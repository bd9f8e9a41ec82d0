-- ===== src/GoError.antt =====
-- Go's `error` values as the services build them: sentinels, messages, `%w` wrapping, and the two
-- wrapper types that `errors.As` looks for. `errors.Is` and `errors.As` walk the chain.
use chamicore.Prelude.{Bool, true, false, ◌≡◌, arith, [], ◌++◌, Option, none, some, Result, ok, err}
use chamicore.Text.{Text, codes}

pub data Sentinel : Type 0 where
  canceled : Sentinel
  deadline_exceeded : Sentinel
  runner_not_started : Sentinel
  no_target_nodes : Sentinel
  transition_not_found : Sentinel
  queue_closed : Sentinel
  unsupported_operation : Sentinel
  verification_timeout : Sentinel
  group_not_found : Sentinel
  group_resolver_unavailable : Sentinel
  not_found : Sentinel

-- `wrapped before e after` is `fmt.Errorf("before%wafter", e)`. `net_error` is a value with a
-- `Timeout()` method, its text and the error inside; `retryable` is `*RetryableError`.
pub data GoError : Type 0 where
  sentinel : Sentinel → GoError
  message : Text → GoError
  wrapped : Text → GoError → Text → GoError
  retryable : GoError → GoError
  retryable_nil : GoError
  net_error : (timeout : Bool) → Text → GoError → GoError

unfoldable pub same_sentinel : Sentinel → Sentinel → Bool
same_sentinel canceled canceled = true
same_sentinel deadline_exceeded deadline_exceeded = true
same_sentinel runner_not_started runner_not_started = true
same_sentinel no_target_nodes no_target_nodes = true
same_sentinel transition_not_found transition_not_found = true
same_sentinel queue_closed queue_closed = true
same_sentinel unsupported_operation unsupported_operation = true
same_sentinel verification_timeout verification_timeout = true
same_sentinel group_not_found group_not_found = true
same_sentinel group_resolver_unavailable group_resolver_unavailable = true
same_sentinel not_found not_found = true
same_sentinel _ _ = false

-- `errors.Is(err, target)` for a sentinel.
unfoldable pub errors_is : GoError → Sentinel → Bool
unfolding same_sentinel
errors_is (sentinel s) target = same_sentinel s target
errors_is (message m) target = false
errors_is (wrapped m e n) target = errors_is e target
errors_is (retryable e) target = errors_is e target
errors_is retryable_nil target = false
errors_is (net_error t m e) target = errors_is e target

-- `errors.As(err, &retryable)`.
unfoldable pub as_retryable : GoError → Bool
as_retryable (sentinel s) = false
as_retryable (message m) = false
as_retryable (wrapped m e n) = as_retryable e
as_retryable (retryable e) = true
as_retryable retryable_nil = true
as_retryable (net_error t m e) = as_retryable e

-- `errors.As(err, &netErr)` and `netErr.Timeout()`: the outermost one counts. The deadline error of
-- `context` is a `net.Error` too.
unfoldable pub as_net_error : GoError → Option Bool
as_net_error (sentinel deadline_exceeded) = some true
as_net_error (sentinel _) = none
as_net_error (message m) = none
as_net_error (wrapped m e n) = as_net_error e
as_net_error (retryable e) = as_net_error e
as_net_error retryable_nil = none
as_net_error (net_error t m e) = some t

unfoldable pub sentinel_text : Sentinel → Text
sentinel_text canceled = codes "context canceled"
sentinel_text deadline_exceeded = codes "context deadline exceeded"
sentinel_text runner_not_started = codes "runner not started"
sentinel_text no_target_nodes = codes "at least one node is required"
sentinel_text transition_not_found = codes "transition not found"
sentinel_text queue_closed = codes "engine queue closed"
sentinel_text unsupported_operation = codes "unsupported operation"
sentinel_text verification_timeout = codes "verification timed out"
sentinel_text group_not_found = codes "group not found"
sentinel_text group_resolver_unavailable = codes "group resolver is not configured"
sentinel_text not_found = codes "not found"

-- `err.Error()`.
unfoldable pub error_text : GoError → Text
unfolding sentinel_text
error_text (sentinel s) = sentinel_text s
error_text (message m) = m
error_text (wrapped before e after) = before ++ (error_text e ++ after)
error_text (retryable e) = error_text e
error_text retryable_nil = codes "retryable error"
error_text (net_error t m e) = m

-- `if err != nil { return ..., fmt.Errorf("before%w", err) }`.
abbrev pub prefixed {ℓ} : {A : Type ℓ} → Text → Result GoError A → Result GoError A
prefixed before (err e) = err (wrapped before e [])
prefixed before (ok a) = ok a

pub prefixed-ok {ℓ} :
    {A : Type ℓ} (before : Text) (r : Result GoError A) {a : A}
    → prefixed before r ≡ ok a
    → r ≡ ok a
prefixed-ok before (ok b) h = h
prefixed-ok before (err e) h = absurd (ground (arith, h))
####
Work to complete
Beginning with the very first line of the material above, give each line again exactly, ending with the line that contains "wrapped : Text → GoError → Text → GoError".

Response to this exercise
repository bd9f8e9a41ec82d0
-- ===== src/GoError.antt =====
-- Go's `error` values as the services build them: sentinels, messages, `%w` wrapping, and the two
-- wrapper types that `errors.As` looks for. `errors.Is` and `errors.As` walk the chain.
use chamicore.Prelude.{Bool, true, false, ◌≡◌, arith, [], ◌++◌, Option, none, some, Result, ok, err}
use chamicore.Text.{Text, codes}

pub data Sentinel : Type 0 where
  canceled : Sentinel
  deadline_exceeded : Sentinel
  runner_not_started : Sentinel
  no_target_nodes : Sentinel
  transition_not_found : Sentinel
  queue_closed : Sentinel
  unsupported_operation : Sentinel
  verification_timeout : Sentinel
  group_not_found : Sentinel
  group_resolver_unavailable : Sentinel
  not_found : Sentinel

-- `wrapped before e after` is `fmt.Errorf("before%wafter", e)`. `net_error` is a value with a
-- `Timeout()` method, its text and the error inside; `retryable` is `*RetryableError`.
pub data GoError : Type 0 where
  sentinel : Sentinel → GoError
  message : Text → GoError
  wrapped : Text → GoError → Text → GoError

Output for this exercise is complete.